Groenburgwal en Zuiderkerk, door Monet en nu: een 'historische sensatie'. |
In de jaren 1870-1880 bracht Claude Monet drie bezoeken aan Nederland. In 1871 verbleef hij vier maanden in Zaandam, begin 1874 bezocht hij Amsterdam en in 1886 werkte hij in de bollenstreek. Tijdens deze verblijven maakte hij 42 schilderijen in een tonaliteit die uniek is in zijn oeuvre: grauwe luchten, grijze wateren. De keuze van zijn onderwerpen was stereotiep: molens, boten, tulpenvelden, oud Hollandse havens, stadsgezichten van Amsterdam. Geplaatst in die tijd, eind negentiende eeuw, toen er nauwelijks nog toerisme was, mogen ze authentiek Hollands heten. Bijzonder is dat vrijwel alle plekken waar hij schilderde nog steeds uitstekend herkenbaar en te lokaliseren zijn. "Zijn sporen lijken nog bijna warm en zijn nog overal te volgen", schrijft kunsthistoricus Ernst van de Wetering hierover: "Het ontdekken van de plek waar hij met zijn schildersezel moet hebben gestaan wekt in hevige mate het gevoel op dat Johan Huizinga de 'historische sensatie' noemde: het plotseling oplichten van het besef dat het verleden werkelijk bestaan heeft".
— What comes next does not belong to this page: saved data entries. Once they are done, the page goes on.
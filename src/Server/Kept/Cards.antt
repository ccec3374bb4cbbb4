-- ===== src/Server/Kept/Cards.antt =====
-- A card that a player puts down leaves the hand and lies on the table (`parse_message`).
use kierki_sik.Prelude.{
  ℕ, zero, suc, arith, ◌≡◌, List, [], ◌∷◌, ◌++◌, append_assoc, true, false, Bytes, same, same_iff,
  get_or, set, Bool-cases, inl, inr,
}
use mathlib.Core.List.{Perm, perm_middle}
use mathlib.Core.List.Perm
use kierki_sik.Server.Play.{has_card, erase_card}
use kierki_sik.Server.Kept.{in_hands}

has_card_rest :
    (card c : Bytes) (hand : List Bytes)
    → same c card ≡ false
    → has_card card (c ∷ hand) ≡ true
    → has_card card hand ≡ true
unfolding has_card
has_card_rest card c hand e has = ground arith

pub erase_card-Perm :
    (card : Bytes) (hand : List Bytes)
    → has_card card hand ≡ true
    → Perm hand (card ∷ erase_card card hand)
unfolding has_card erase_card
erase_card-Perm card [] has = absurd (cc)
erase_card-Perm card (c ∷ hand) has = elim (Bool-cases (same c card)) [
  | inl e ↦ rw (e, (same_iff c card).0 e) Perm.rfl
  | inr e ↦ rw e (
      Perm.trans (Perm.cons c (erase_card-Perm card hand (has_card_rest card c hand e has)))
        (Perm.swap card c (erase_card card hand)))
]

-- The hand at index `i` gives up the card.
abbrev pub give_up : Bytes → ℕ → List (List Bytes) → List (List Bytes)
give_up card i hands = set hands i (erase_card card (get_or hands i []))

pub give_up-Perm :
    (card : Bytes) (i : ℕ) (hands : List (List Bytes))
    → has_card card (get_or hands i []) ≡ true
    → Perm (in_hands hands) (card ∷ in_hands (give_up card i hands))
unfolding has_card
give_up-Perm card i [] has = absurd cc
give_up-Perm card zero (hand ∷ hands) has =
    Perm.append_right (in_hands hands) (erase_card-Perm card hand has)
give_up-Perm card (suc i) (hand ∷ hands) has =
    Perm.trans (Perm.append_left hand (give_up-Perm card i hands has))
      (perm_middle hand (in_hands (give_up card i hands)))

-- From the hand to the end of the table.
pub put_down-Perm :
    (card : Bytes) (i : ℕ) (table : List Bytes) (hands : List (List Bytes))
    → has_card card (get_or hands i []) ≡ true
    → Perm (table ++ in_hands hands) ((table ++ card ∷ []) ++ in_hands (give_up card i hands))
put_down-Perm card i table hands has =
    rw (append_assoc table (card ∷ []) (in_hands (give_up card i hands)))
      (Perm.append_left table (give_up-Perm card i hands has))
Ik ben gevoelig voor dat idee van de 'historische sensatie'. In elke oude stad zoek ik wel naar zo’n beeld uit het verleden. Bij iedere skyline in bij het ochtendgloren, als ik over de rivier naar mijn werk rij, waan ik met eeuwen terug in de tijd. Naar Amsterdam kijk ik met de ogen van Monet. Het maakt me bewust van mijn eigen tijdelijkheid, het momentane van ons bestaan, een diep inzicht in het leven. Of dat helpend is weet ik niet zo, maar ik blijf er steeds naar zoeken. Zo zit ik in elkaar, vermoed ik.